### WORK TO COMPLETE
Find the line containing "pub count : ℕ" in the entries below. Restate it and each line after it, word for word, up to and including the line containing "subst (HasRun s.config.unhealthy_threshold".

=======

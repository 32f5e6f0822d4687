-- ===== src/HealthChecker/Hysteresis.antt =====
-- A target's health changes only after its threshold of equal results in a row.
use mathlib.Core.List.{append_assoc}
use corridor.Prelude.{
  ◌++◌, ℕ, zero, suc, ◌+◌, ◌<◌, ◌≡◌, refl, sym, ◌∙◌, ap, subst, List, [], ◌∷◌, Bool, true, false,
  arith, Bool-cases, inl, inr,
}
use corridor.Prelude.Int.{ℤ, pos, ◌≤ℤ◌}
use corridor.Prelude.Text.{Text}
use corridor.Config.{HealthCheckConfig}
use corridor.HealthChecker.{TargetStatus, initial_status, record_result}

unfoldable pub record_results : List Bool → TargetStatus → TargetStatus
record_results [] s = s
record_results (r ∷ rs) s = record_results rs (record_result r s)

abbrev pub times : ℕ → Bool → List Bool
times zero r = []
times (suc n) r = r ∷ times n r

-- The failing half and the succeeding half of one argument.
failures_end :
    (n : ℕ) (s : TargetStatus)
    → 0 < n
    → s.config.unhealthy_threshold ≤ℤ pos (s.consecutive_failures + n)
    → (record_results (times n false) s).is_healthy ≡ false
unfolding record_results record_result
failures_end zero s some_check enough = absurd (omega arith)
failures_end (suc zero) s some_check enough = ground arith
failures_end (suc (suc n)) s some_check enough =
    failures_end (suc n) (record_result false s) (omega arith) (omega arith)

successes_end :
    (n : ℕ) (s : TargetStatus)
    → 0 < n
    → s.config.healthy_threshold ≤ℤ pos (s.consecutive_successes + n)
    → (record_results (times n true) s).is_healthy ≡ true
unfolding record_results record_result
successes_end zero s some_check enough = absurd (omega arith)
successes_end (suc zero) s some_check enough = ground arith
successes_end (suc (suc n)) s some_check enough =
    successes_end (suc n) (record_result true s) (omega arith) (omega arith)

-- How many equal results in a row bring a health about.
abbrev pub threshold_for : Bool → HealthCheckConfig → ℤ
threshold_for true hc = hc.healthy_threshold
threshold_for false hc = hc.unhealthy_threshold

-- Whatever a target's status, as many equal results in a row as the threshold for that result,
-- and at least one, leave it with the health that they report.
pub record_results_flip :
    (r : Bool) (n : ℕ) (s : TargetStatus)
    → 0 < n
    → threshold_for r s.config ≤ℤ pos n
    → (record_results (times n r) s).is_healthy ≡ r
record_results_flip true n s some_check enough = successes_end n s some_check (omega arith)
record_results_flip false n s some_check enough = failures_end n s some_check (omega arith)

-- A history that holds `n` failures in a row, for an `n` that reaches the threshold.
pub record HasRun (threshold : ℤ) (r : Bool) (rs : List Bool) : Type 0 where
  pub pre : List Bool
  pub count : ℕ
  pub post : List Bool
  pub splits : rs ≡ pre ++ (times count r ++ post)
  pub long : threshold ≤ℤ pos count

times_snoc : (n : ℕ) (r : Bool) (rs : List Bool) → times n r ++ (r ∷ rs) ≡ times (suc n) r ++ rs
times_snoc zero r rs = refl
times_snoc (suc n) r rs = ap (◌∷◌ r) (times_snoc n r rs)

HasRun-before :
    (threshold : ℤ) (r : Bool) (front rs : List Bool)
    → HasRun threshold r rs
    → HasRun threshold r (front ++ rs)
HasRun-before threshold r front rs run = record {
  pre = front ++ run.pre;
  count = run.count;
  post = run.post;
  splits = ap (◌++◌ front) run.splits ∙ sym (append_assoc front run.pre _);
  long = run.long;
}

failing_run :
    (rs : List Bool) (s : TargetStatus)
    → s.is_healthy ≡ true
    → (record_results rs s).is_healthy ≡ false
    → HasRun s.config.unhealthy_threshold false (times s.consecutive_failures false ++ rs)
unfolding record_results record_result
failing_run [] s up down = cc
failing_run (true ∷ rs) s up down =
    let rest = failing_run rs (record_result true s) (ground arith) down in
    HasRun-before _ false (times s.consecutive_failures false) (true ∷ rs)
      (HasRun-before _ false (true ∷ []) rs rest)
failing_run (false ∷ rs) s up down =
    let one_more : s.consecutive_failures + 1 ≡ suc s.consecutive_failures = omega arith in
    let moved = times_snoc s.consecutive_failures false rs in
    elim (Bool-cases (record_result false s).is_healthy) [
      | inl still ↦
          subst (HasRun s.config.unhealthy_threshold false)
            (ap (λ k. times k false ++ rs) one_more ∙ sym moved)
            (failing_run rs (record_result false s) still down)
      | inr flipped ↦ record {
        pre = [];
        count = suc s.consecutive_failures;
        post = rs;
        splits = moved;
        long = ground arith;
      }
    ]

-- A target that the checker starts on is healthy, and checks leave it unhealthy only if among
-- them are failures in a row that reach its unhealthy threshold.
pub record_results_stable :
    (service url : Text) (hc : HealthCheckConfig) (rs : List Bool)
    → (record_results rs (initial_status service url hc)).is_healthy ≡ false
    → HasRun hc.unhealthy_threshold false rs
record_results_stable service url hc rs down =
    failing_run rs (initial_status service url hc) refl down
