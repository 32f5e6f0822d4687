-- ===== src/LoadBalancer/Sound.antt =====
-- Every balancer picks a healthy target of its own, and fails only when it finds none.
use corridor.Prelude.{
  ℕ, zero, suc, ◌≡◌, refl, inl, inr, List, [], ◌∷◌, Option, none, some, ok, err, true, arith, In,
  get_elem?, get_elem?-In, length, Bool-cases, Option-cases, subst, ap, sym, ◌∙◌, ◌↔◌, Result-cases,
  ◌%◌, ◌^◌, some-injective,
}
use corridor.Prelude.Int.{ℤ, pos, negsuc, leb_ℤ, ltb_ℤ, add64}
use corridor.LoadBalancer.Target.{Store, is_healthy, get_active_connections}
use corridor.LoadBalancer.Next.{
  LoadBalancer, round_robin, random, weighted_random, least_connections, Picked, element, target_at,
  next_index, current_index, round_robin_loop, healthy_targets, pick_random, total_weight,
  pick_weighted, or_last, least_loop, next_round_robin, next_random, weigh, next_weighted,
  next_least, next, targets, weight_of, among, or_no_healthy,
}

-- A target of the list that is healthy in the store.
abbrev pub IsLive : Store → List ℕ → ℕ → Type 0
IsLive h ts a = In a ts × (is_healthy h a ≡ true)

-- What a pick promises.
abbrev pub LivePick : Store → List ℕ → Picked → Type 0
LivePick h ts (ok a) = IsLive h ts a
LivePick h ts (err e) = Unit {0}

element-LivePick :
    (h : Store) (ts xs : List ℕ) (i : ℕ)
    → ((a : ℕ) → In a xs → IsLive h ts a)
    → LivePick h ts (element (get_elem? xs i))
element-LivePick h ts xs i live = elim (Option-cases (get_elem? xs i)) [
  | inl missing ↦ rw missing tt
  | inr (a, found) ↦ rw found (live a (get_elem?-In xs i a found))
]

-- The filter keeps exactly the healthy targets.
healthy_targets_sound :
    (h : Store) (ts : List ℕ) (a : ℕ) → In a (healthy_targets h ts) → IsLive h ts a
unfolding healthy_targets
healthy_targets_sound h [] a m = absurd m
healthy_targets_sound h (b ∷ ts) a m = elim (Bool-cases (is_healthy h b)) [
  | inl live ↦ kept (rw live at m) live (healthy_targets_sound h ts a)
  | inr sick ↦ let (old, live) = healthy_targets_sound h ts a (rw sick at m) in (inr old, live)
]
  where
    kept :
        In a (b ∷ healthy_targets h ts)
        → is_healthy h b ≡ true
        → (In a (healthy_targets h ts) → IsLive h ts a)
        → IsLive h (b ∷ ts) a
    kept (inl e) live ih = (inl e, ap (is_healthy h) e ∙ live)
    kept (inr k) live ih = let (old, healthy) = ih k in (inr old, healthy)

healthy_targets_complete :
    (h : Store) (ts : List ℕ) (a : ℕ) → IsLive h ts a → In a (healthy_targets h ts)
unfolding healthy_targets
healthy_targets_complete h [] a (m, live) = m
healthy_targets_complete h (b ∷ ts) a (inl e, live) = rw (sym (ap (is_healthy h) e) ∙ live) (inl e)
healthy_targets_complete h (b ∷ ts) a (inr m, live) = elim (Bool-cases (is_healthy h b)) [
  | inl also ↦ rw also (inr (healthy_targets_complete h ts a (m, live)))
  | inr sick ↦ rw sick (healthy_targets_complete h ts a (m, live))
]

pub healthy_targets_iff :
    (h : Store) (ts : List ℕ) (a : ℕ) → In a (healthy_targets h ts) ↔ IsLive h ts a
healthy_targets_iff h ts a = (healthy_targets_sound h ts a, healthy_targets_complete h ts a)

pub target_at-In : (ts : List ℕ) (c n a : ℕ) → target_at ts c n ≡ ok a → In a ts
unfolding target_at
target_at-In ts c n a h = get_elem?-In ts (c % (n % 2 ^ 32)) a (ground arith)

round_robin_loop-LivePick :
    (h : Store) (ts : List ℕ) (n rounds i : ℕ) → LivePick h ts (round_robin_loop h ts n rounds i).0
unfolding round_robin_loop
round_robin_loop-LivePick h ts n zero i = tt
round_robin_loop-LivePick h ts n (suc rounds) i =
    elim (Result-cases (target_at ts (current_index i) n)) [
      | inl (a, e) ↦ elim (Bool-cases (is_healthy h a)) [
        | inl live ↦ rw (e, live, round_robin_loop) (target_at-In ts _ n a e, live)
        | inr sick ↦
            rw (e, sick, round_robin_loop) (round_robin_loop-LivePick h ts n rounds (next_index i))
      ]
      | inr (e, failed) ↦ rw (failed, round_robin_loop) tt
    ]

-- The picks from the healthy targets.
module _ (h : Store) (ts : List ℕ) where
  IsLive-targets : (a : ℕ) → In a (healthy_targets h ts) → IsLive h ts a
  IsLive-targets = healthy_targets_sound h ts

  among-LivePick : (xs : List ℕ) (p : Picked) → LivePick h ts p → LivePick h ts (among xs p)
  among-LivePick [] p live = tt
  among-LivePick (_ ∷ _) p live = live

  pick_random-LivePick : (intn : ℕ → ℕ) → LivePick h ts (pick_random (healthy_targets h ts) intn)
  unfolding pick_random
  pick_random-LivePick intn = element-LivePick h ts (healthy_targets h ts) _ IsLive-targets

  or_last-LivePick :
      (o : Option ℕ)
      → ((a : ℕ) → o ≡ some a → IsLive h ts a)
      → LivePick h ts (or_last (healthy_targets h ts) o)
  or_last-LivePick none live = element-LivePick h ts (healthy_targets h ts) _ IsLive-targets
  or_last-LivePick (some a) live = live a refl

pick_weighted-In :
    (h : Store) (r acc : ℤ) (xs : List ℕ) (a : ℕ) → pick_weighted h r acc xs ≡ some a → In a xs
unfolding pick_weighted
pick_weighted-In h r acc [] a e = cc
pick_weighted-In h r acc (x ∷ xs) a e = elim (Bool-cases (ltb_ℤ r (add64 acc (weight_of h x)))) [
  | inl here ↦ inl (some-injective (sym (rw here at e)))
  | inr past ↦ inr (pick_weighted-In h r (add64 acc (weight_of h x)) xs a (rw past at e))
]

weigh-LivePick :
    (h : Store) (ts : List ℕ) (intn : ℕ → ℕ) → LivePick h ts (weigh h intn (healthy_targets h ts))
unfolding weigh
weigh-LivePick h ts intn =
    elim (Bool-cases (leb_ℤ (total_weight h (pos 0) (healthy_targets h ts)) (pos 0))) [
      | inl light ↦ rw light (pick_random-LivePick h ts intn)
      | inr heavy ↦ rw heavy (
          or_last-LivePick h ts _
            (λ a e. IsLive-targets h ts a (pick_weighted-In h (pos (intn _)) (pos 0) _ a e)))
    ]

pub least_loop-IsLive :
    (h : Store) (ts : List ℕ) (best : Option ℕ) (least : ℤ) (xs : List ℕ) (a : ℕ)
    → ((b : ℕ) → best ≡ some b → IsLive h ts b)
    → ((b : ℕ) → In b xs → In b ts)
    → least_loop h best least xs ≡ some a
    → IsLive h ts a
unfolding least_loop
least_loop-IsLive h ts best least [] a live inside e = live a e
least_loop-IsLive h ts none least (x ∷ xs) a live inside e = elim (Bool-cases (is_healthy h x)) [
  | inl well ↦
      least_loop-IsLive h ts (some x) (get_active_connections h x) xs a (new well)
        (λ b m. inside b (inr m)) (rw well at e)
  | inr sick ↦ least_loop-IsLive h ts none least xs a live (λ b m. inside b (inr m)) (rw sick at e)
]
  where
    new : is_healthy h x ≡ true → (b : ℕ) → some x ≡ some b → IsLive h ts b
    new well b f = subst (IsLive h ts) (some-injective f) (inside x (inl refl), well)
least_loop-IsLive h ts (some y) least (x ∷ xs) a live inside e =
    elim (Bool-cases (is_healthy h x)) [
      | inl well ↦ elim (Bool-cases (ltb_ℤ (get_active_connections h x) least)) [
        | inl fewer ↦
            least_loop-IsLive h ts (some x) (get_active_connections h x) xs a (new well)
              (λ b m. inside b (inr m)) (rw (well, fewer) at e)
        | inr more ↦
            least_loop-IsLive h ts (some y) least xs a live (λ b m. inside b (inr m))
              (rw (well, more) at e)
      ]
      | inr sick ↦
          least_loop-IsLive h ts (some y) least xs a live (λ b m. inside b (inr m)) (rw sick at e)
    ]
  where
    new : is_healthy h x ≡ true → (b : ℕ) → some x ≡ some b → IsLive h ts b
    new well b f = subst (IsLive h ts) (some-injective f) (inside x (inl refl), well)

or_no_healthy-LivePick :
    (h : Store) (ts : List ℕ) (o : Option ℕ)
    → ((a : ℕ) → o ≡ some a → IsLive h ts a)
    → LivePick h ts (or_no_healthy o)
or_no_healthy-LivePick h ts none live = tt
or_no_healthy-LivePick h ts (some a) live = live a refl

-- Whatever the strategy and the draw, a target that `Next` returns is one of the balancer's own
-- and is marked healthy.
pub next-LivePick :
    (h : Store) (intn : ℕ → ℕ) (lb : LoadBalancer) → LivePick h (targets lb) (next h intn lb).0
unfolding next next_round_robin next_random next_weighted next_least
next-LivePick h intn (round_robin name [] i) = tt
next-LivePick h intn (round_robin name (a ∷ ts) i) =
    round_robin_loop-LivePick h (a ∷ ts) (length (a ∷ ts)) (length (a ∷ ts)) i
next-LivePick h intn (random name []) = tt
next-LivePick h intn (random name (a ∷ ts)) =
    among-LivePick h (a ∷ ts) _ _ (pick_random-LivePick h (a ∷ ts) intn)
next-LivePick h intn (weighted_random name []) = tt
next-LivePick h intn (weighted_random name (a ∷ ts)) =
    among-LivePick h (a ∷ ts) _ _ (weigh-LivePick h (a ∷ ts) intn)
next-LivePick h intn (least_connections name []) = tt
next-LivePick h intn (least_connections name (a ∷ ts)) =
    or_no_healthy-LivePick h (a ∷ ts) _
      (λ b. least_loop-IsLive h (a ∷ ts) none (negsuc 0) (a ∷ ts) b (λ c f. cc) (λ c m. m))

=======

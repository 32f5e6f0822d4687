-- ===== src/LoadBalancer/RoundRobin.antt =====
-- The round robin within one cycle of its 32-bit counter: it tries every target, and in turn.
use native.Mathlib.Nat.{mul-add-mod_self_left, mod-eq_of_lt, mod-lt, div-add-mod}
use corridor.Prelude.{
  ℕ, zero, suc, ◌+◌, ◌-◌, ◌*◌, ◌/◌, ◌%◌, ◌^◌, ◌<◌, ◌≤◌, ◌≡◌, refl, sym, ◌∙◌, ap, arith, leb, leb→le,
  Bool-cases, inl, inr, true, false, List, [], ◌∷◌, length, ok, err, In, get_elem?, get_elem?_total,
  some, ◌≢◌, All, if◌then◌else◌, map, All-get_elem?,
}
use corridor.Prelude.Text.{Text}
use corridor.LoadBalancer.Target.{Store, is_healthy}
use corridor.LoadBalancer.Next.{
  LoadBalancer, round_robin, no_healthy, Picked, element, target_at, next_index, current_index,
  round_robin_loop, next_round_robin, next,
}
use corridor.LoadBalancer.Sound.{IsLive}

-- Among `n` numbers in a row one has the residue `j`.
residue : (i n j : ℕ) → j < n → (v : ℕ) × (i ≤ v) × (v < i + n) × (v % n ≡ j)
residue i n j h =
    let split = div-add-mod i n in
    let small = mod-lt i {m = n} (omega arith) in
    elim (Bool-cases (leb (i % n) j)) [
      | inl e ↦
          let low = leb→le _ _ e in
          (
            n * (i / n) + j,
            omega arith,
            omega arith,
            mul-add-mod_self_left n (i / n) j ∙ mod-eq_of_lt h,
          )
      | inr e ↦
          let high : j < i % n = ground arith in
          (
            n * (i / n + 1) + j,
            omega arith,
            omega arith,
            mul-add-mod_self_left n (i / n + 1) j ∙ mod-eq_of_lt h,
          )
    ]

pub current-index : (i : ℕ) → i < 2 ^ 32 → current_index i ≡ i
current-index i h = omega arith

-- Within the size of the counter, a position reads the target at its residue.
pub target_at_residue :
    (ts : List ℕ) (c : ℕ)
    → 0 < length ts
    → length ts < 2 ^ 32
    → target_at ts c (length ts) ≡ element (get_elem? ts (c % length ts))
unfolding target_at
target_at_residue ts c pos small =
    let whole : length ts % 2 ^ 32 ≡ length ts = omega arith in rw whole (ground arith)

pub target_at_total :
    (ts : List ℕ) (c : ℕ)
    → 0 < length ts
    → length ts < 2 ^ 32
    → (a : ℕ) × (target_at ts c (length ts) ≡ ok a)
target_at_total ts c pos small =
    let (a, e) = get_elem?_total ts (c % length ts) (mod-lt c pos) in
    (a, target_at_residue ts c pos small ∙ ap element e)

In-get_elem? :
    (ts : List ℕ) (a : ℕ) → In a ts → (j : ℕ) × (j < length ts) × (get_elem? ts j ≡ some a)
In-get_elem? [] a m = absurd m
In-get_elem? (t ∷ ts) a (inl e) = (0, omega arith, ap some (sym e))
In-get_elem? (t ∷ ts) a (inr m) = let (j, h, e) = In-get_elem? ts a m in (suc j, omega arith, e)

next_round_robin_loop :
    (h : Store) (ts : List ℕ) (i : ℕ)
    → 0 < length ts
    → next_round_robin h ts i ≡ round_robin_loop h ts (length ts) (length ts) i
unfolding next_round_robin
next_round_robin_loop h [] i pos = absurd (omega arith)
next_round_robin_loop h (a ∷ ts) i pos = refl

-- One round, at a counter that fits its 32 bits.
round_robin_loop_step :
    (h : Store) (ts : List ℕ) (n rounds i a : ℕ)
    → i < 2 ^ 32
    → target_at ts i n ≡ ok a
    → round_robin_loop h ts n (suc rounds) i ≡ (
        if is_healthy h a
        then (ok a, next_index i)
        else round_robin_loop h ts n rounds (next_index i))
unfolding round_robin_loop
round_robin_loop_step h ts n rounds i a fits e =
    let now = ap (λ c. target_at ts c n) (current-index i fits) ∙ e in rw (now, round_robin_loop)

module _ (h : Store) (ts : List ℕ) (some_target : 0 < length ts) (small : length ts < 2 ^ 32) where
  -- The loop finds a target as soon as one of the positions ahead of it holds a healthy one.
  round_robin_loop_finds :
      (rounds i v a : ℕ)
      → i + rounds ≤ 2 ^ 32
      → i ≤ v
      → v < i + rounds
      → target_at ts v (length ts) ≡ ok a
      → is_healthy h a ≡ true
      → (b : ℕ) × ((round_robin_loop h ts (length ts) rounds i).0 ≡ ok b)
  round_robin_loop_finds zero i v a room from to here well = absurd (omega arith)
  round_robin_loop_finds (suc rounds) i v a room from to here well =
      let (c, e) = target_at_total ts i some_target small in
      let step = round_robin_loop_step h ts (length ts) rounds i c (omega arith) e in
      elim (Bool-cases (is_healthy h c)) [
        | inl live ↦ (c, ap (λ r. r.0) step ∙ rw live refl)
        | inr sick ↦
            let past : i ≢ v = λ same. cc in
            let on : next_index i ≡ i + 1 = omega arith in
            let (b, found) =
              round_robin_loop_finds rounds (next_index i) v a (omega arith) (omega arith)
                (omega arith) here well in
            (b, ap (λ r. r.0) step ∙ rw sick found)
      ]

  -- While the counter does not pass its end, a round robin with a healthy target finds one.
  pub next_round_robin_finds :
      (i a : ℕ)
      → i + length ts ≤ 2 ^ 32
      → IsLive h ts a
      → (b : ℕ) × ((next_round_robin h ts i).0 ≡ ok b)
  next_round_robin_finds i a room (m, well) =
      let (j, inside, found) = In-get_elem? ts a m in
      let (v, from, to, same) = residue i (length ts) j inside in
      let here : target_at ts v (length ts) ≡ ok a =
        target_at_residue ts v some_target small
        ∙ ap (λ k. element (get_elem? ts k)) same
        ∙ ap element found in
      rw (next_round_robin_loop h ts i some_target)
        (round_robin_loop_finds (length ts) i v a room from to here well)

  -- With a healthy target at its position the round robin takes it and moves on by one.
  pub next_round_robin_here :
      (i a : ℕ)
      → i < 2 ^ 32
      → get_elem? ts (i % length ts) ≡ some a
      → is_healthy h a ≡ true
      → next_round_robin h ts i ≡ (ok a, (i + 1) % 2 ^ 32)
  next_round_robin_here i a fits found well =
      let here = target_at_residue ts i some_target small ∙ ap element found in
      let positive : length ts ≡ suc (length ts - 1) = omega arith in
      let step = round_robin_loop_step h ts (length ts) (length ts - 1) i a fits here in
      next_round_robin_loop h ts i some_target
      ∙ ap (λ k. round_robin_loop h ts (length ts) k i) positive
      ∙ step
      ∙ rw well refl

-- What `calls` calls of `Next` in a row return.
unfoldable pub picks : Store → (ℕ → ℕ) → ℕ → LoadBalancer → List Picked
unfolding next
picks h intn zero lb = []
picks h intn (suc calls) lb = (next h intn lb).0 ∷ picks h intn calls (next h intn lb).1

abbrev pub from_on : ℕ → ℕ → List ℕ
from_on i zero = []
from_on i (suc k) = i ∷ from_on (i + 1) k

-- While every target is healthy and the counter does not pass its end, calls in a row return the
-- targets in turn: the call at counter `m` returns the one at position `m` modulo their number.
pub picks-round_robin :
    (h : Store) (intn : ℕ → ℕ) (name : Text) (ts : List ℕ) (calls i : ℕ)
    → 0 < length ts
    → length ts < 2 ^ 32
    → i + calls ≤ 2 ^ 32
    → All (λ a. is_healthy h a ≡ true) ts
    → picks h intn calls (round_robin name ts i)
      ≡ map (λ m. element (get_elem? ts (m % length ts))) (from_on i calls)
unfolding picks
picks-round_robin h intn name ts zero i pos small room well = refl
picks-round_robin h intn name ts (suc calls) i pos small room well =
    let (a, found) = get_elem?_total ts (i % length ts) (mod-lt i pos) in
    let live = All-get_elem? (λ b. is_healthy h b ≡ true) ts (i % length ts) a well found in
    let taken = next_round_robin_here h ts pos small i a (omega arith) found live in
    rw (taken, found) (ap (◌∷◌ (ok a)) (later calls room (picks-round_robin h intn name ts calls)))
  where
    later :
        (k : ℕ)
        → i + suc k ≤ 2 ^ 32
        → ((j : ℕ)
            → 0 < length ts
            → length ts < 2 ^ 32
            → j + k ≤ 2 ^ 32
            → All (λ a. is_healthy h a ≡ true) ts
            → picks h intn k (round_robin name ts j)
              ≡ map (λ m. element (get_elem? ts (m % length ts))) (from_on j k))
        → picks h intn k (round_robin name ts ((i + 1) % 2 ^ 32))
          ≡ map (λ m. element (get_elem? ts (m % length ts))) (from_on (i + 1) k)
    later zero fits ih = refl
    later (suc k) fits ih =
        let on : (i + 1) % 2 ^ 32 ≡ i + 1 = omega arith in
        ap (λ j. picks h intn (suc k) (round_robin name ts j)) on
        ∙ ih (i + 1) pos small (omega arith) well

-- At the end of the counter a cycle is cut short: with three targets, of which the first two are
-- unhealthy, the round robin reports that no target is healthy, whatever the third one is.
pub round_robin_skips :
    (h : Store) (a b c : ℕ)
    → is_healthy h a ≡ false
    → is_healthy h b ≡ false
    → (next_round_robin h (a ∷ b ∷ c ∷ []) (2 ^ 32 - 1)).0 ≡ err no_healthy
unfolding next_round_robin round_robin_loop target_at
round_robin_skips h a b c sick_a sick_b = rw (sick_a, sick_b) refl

=======

### ANSWER SPACE
  pub count : ℕ
  pub post : List Bool
  pub splits : rs ≡ pre ++ (times count r ++ post)
  pub long : threshold ≤ℤ pos count

times_snoc : (n : ℕ) (r : Bool) (rs : List Bool) → times n r ++ (r ∷ rs) ≡ times (suc n) r ++ rs
times_snoc zero r rs = refl
times_snoc (suc n) r rs = ap (◌∷◌ r) (times_snoc n r rs)

HasRun-before :
    (threshold : ℤ) (r : Bool) (front rs : List Bool)
    → HasRun threshold r rs
    → HasRun threshold r (front ++ rs)
HasRun-before threshold r front rs run = record {
  pre = front ++ run.pre;
  count = run.count;
  post = run.post;
  splits = ap (◌++◌ front) run.splits ∙ sym (append_assoc front run.pre _);
  long = run.long;
}

failing_run :
    (rs : List Bool) (s : TargetStatus)
    → s.is_healthy ≡ true
    → (record_results rs s).is_healthy ≡ false
    → HasRun s.config.unhealthy_threshold false (times s.consecutive_failures false ++ rs)
unfolding record_results record_result
failing_run [] s up down = cc
failing_run (true ∷ rs) s up down =
    let rest = failing_run rs (record_result true s) (ground arith) down in
    HasRun-before _ false (times s.consecutive_failures false) (true ∷ rs)
      (HasRun-before _ false (true ∷ []) rs rest)
failing_run (false ∷ rs) s up down =
    let one_more : s.consecutive_failures + 1 ≡ suc s.consecutive_failures = omega arith in
    let moved = times_snoc s.consecutive_failures false rs in
    elim (Bool-cases (record_result false s).is_healthy) [
      | inl still ↦
          subst (HasRun s.config.unhealthy_threshold false)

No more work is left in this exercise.